Cloverdale-Idlewild Association (CIA)

A Historic Montgomery Neighborhood

NEIGHBORHOOD HISTORY
 
The Cloverdale-Idlewild area encompasses Fairview Avenue and Norman Bridge to Woodley Terrace and Edgemont/Glen Grattan.  The middle class neighborhood consists of primarily Bungalow and Cottage style architecture, but also features a high concentration of the Tudor Revival style with high pitched roofs only seen elsewhere in Montgomery in Old Cloverdale.  Several example houses are featured in our Gallery of Homes section.
 
The Cloverdale-Idlewild neighborhood was once a section of the large land patent purchased by Asa Jackson Carter in 1843.  Later, Peter Blackwell Mastin, Sr. purchased the original 160 acres that encompass the neighborhood from Carter in 1851. After Mastin Sr. passed away in 1865, the land was divided among his children.  In 1922, the Mastin family sold a 40-acre plot along today's Mastin Lane to Dr.

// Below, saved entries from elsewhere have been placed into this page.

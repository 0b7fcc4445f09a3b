-- ===== src/Registry/Identifiers.antt =====
-- src/waitd.py, `submit`: the watches that were in the registry before.
use wait_skill.Prelude.{
  ℕ, Bool, true, false, ◌≡◌, refl, ap, sym, ◌∙◌, List, [], ◌∷◌, ◌++◌, String, elem, select, ok,
  arith, inl, inr, Bool-cases, eq_iff, subst,
}
use wait_skill.Registry.State.{Watcher, active, ids, is_finished, is_kept, surplus, save, submit}
use wait_skill.Registry.Sorting.{IsIn, IsIn-select}
use wait_skill.Registry.Pruning.{are_distinct, ids-elem, one_of_id, surplus-is_finished}
use wait_skill.Registry.Protected.{ids-append, submit-is_new}

fewer_ids :
    (k : String) (p : Watcher → Bool) (xs : List Watcher)
    → elem k (ids xs) ≡ false
    → elem k (ids (select p xs)) ≡ false
unfolding elem
fewer_ids k p [] h = refl
fewer_ids k p (x ∷ xs) h = ground (arith, h, fewer_ids k p xs)

pub select-are_distinct :
    (p : Watcher → Bool) (xs : List Watcher)
    → are_distinct xs ≡ true
    → are_distinct (select p xs) ≡ true
unfolding are_distinct
select-are_distinct p [] h = refl
select-are_distinct p (x ∷ xs) h =
    ground (arith, h, fewer_ids x.watch_id p xs, select-are_distinct p xs)

append-are_distinct :
    (xs : List Watcher) (w : Watcher)
    → are_distinct xs ≡ true
    → elem w.watch_id (ids xs) ≡ false
    → are_distinct (xs ++ w ∷ []) ≡ true
unfolding are_distinct elem
append-are_distinct [] w h k = refl
append-are_distinct (x ∷ xs) w h k = ground (
  arith,
  h,
  k,
  ids-append x.watch_id xs w,
  append-are_distinct xs w,
  eq_iff x.watch_id w.watch_id,
  eq_iff w.watch_id x.watch_id,
)

IsIn-append : (x w : Watcher) (xs : List Watcher) → IsIn x xs → IsIn x (xs ++ w ∷ [])
IsIn-append x w [] h = absurd h
IsIn-append x w (y ∷ xs) (inl same) = inl same
IsIn-append x w (y ∷ xs) (inr more) = inr (IsIn-append x w xs more)

last-IsIn : (w : Watcher) (xs : List Watcher) → IsIn w (xs ++ w ∷ [])
last-IsIn w [] = inl refl
last-IsIn w (x ∷ xs) = inr (last-IsIn w xs)

save-IsIn :
    (protected : List String) (watchers : List Watcher) (x : Watcher)
    → are_distinct watchers ≡ true
    → IsIn x watchers
    → is_finished protected x ≡ false
    → IsIn x (save protected watchers)
unfolding save
save-IsIn protected watchers x h there open_still =
    let removed = surplus protected watchers in
    let kept : is_kept removed x ≡ true = elim (Bool-cases (elem x.watch_id (ids removed))) [
      | inr stays ↦ ground (arith, stays)
      | inl gone ↦
          let (w, out, same) = ids-elem x.watch_id removed gone in
          let (known, over) = surplus-is_finished protected watchers w out in
          let one = one_of_id watchers w x h known there same in
          absurd (cc (sym over ∙ ap (is_finished protected) one ∙ open_still))
    ] in
    IsIn-select (is_kept removed) x watchers there kept

-- A submission that succeeds overwrites and removes no watch that is active or that a loop waits
-- for: each is in the registry behind it as it was, and so is the new watch, active; the
-- identifiers of the registry are distinct.
pub submit-IsIn :
    (protected : List String) (now : ℕ) (id : String) (watchers behind : List Watcher)
    → are_distinct watchers ≡ true
    → submit protected now id watchers ≡ ok behind
    → IsIn (record { watch_id = id; state = active; updated_at = now }) behind
      × ((x : Watcher) → IsIn x watchers → is_finished protected x ≡ false → IsIn x behind)
submit-IsIn protected now id watchers behind h done =
    let w : Watcher = record { watch_id = id; state = active; updated_at = now } in
    let (fresh, saved) = submit-is_new protected now id watchers behind done in
    let grown = watchers ++ w ∷ [] in
    let distinct = append-are_distinct watchers w h fresh in
    (
      subst (IsIn w) (sym saved) (save-IsIn protected grown w distinct (last-IsIn w watchers) refl),
      λ x there open_still.
          subst (IsIn x) (sym saved)
            (save-IsIn protected grown x distinct (IsIn-append x w watchers there) open_still),
    )
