-- ===== src/Registry/Prefixes.antt =====
-- src/waitd.py, `show`: a watch by a prefix of its identifier.
use wait_skill.Prelude.{
  true, false, ◌≡◌, ◌≢◌, ◌∙◌, refl, sym, ap, List, [], ◌∷◌, String, ◌==◌, select, ok, err, arith,
  inl, inr,
}
use text.Mathlib.Text.{starts_with}
use wait_skill.Registry.State.{Watcher, ambiguous_prefix, starts_by, only, show}
use wait_skill.Registry.Sorting.{IsIn, IsIn-select, select-IsIn}

only-IsIn :
    (matches : List Watcher) (w : Watcher)
    → only matches ≡ ok w
    → IsIn w matches × ((x : Watcher) → IsIn x matches → x ≡ w)
only-IsIn [] w h = absurd (cc h)
only-IsIn (x ∷ []) w h =
    let same : x ≡ w = cc h in
    (inl same, λ y here. elim here [ inl at ↦ sym at ∙ same | inr none_left ↦ absurd none_left ])
only-IsIn (x ∷ y ∷ matches) w h = absurd (cc h)

-- A watch that `show` finds is in the registry, its identifier starts with the token, and no other
-- watch has that; the token is not empty.
pub show-IsIn :
    (token : String) (watchers : List Watcher) (w : Watcher)
    → show token watchers ≡ ok w
    → IsIn w watchers
      × (starts_with w.watch_id token ≡ true)
      × ((token == "") ≡ false)
      × ((x : Watcher) → IsIn x watchers → starts_with x.watch_id token ≡ true → x ≡ w)
unfolding show
show-IsIn token watchers w h =
    let found = only-IsIn (select (starts_by token) watchers) w h in
    let there = select-IsIn (starts_by token) w watchers found.0 in
    let token_given : (token == "") ≡ false = ground (arith, there.1) in
    (
      there.0,
      ground (arith, there.1),
      token_given,
      λ x known fits.
          found.1 x
            (IsIn-select (starts_by token) x watchers known (ground (arith, token_given, fits))),
    )

only-two :
    (matches : List Watcher) (x w : Watcher)
    → IsIn x matches
    → IsIn w matches
    → x.watch_id ≢ w.watch_id
    → only matches ≡ err ambiguous_prefix
only-two [] x w here there apart = absurd here
only-two (z ∷ []) x w (inl at_x) (inl at_w) apart =
    absurd (apart (ap (λ y. y.watch_id) (sym at_x ∙ at_w)))
only-two (z ∷ []) x w (inl at_x) (inr none_left) apart = absurd none_left
only-two (z ∷ []) x w (inr none_left) there apart = absurd none_left
only-two (z ∷ y ∷ matches) x w here there apart = refl

-- A token that starts the identifiers of two different watches is refused as ambiguous, also when
-- it is the whole identifier of one of them.
pub show-ambiguous :
    (token : String) (watchers : List Watcher) (x w : Watcher)
    → (token == "") ≡ false
    → IsIn x watchers
    → IsIn w watchers
    → starts_with x.watch_id token ≡ true
    → starts_with w.watch_id token ≡ true
    → x.watch_id ≢ w.watch_id
    → show token watchers ≡ err ambiguous_prefix
unfolding show
show-ambiguous token watchers x w given known_x known_w fits_x fits_w apart =
    only-two (select (starts_by token) watchers) x w
      (IsIn-select (starts_by token) x watchers known_x (ground (arith, given, fits_x)))
      (IsIn-select (starts_by token) w watchers known_w (ground (arith, given, fits_w))) apart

Thomas Brannon Hubbard for the sum of $15,000.  Other plots of the Mastin homestead were also sold off during this period.  John Haardt purchased the area called South Cloverdale Heights, which encompassed Wellington Road and parts of Lexington Road.
 
The Hubbards placed restrictions on the land they owned that was being developed.  Real estate could only be used for residential purposes.  No structures could be built within in forty feet of Mastin Lane and the still-existing Mastin Homeplace. In addition, none of the cedar, mock orange, sugar berry or other trees could be cut down without the Mastins' approval.  All structures had to face the street and had to be above $5,000 in value. Additional structures, such as garages or guest quarters had to be built behind the main house.